Saved data entries:
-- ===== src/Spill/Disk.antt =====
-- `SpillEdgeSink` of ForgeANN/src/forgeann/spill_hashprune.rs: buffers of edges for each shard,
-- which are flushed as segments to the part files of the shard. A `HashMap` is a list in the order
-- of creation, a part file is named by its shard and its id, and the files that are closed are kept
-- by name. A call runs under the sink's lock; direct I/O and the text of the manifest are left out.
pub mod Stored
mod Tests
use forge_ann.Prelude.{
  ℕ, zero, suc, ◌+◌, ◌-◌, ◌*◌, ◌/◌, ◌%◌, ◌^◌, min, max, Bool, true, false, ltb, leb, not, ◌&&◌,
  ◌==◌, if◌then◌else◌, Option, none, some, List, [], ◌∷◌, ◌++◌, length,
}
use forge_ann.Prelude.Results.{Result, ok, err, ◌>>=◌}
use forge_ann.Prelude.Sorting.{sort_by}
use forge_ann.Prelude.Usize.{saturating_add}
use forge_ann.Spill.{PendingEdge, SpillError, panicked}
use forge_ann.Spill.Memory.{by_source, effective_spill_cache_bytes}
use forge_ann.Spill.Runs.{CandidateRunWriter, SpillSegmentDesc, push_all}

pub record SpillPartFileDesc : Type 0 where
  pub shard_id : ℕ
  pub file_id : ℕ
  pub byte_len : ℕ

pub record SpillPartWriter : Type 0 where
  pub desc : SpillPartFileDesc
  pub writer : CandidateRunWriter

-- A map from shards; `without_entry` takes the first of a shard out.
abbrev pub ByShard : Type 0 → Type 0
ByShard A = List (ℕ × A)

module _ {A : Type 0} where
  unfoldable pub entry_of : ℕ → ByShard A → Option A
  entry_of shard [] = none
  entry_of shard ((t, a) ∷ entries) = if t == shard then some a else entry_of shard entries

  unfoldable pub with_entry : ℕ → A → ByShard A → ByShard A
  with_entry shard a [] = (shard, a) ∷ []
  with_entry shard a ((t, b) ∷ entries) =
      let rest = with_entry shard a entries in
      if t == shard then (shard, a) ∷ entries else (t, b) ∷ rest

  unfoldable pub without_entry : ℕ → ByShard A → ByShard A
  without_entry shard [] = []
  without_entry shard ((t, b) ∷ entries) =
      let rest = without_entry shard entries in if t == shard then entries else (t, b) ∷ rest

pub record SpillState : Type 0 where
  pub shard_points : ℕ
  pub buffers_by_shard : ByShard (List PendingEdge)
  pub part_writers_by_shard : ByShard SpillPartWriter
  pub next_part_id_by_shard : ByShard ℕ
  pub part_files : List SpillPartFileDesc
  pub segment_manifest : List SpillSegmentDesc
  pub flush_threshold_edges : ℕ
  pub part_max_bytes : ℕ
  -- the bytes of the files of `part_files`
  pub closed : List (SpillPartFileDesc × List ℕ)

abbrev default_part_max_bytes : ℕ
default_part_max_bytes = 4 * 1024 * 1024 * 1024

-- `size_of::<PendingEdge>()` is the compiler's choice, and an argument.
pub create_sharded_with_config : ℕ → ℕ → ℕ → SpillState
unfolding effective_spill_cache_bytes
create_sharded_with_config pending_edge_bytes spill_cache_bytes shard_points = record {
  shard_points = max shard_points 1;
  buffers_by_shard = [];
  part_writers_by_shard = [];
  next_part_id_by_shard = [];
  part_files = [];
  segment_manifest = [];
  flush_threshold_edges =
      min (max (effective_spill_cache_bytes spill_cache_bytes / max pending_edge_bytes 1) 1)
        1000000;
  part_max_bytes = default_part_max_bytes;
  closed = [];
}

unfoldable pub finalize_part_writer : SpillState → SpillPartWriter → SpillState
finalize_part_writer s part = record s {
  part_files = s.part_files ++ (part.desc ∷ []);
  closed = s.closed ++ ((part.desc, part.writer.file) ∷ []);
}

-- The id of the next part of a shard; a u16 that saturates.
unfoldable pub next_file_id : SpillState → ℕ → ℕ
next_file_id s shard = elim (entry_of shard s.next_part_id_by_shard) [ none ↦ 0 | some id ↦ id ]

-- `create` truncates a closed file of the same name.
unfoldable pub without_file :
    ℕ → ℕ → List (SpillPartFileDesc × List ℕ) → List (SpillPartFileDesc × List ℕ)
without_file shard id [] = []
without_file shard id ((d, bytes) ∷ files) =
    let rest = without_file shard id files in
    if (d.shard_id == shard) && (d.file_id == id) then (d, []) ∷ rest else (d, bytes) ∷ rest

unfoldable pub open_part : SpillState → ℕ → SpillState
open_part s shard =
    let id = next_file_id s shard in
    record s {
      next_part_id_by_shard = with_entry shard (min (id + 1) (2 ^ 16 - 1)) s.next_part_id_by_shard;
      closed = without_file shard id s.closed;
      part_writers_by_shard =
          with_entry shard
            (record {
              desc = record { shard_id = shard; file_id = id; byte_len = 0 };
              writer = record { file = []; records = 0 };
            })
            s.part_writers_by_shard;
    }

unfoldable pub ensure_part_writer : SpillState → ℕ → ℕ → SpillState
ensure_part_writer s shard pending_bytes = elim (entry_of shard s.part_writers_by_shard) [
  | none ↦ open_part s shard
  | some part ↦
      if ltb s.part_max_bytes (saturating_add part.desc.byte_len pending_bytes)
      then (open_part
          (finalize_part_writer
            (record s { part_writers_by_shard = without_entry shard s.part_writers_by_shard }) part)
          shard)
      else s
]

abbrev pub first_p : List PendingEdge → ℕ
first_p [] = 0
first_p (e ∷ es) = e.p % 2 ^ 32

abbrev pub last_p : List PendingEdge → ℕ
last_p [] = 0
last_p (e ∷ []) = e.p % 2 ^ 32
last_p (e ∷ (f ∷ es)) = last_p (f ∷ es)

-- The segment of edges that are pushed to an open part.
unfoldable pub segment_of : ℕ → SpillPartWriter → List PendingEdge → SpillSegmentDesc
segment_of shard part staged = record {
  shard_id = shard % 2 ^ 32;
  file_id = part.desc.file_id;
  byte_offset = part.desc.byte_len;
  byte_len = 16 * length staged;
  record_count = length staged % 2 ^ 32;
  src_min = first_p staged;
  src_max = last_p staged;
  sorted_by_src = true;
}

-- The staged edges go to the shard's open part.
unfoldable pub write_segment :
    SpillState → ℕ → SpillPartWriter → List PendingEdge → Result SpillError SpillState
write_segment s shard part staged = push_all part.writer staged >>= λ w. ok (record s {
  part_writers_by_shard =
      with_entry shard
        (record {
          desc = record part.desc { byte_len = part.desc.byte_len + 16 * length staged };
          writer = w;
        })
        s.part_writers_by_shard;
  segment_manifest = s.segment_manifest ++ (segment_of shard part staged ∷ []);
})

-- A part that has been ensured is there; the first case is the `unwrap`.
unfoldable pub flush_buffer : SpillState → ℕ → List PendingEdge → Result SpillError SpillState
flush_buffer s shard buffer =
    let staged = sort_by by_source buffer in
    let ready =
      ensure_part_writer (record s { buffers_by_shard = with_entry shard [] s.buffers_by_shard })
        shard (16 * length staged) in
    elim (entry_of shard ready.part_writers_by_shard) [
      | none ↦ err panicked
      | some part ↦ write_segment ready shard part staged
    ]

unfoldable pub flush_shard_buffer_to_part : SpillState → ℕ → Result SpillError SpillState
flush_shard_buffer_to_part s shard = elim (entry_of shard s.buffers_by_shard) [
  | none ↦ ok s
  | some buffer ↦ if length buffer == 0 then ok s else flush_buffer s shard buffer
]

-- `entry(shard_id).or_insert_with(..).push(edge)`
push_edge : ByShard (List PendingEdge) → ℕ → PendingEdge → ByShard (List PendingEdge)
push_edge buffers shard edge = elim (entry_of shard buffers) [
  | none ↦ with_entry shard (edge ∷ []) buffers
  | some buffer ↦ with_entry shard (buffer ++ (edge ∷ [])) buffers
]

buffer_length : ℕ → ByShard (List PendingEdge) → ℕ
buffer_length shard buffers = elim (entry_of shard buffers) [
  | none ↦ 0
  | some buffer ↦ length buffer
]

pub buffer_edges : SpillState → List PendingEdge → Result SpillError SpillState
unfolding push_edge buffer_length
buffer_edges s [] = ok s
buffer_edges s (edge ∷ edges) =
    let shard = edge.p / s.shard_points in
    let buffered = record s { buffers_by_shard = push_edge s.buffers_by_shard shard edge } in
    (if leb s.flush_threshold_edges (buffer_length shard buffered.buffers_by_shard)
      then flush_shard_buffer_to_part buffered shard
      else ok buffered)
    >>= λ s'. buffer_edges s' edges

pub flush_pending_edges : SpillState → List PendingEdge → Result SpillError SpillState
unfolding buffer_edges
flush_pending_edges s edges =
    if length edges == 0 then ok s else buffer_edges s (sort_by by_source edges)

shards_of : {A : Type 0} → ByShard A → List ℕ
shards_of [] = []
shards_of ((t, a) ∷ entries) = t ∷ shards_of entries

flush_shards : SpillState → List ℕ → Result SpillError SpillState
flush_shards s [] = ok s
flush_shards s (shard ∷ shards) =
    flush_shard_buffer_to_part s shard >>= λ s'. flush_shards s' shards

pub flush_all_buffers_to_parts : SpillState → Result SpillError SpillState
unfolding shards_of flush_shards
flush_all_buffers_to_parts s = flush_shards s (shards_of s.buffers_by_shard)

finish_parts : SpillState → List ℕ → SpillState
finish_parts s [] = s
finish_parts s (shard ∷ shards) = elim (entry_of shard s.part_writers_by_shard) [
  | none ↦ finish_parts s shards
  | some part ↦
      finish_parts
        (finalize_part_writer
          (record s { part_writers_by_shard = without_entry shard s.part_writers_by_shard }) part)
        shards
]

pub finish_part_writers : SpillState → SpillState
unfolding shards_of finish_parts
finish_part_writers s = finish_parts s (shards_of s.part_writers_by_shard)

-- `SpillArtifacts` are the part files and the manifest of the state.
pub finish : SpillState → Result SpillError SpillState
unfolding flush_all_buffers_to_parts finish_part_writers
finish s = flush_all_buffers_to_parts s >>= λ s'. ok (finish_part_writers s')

EXERCISE REQUIREMENTS:
Pull every line with the string "abbrev" from the data above.

SOLUTION TO THIS PROBLEM:
abbrev pub ByShard : Type 0 → Type 0
abbrev default_part_max_bytes : ℕ
abbrev pub first_p : List PendingEdge → ℕ
abbrev pub last_p : List PendingEdge → ℕ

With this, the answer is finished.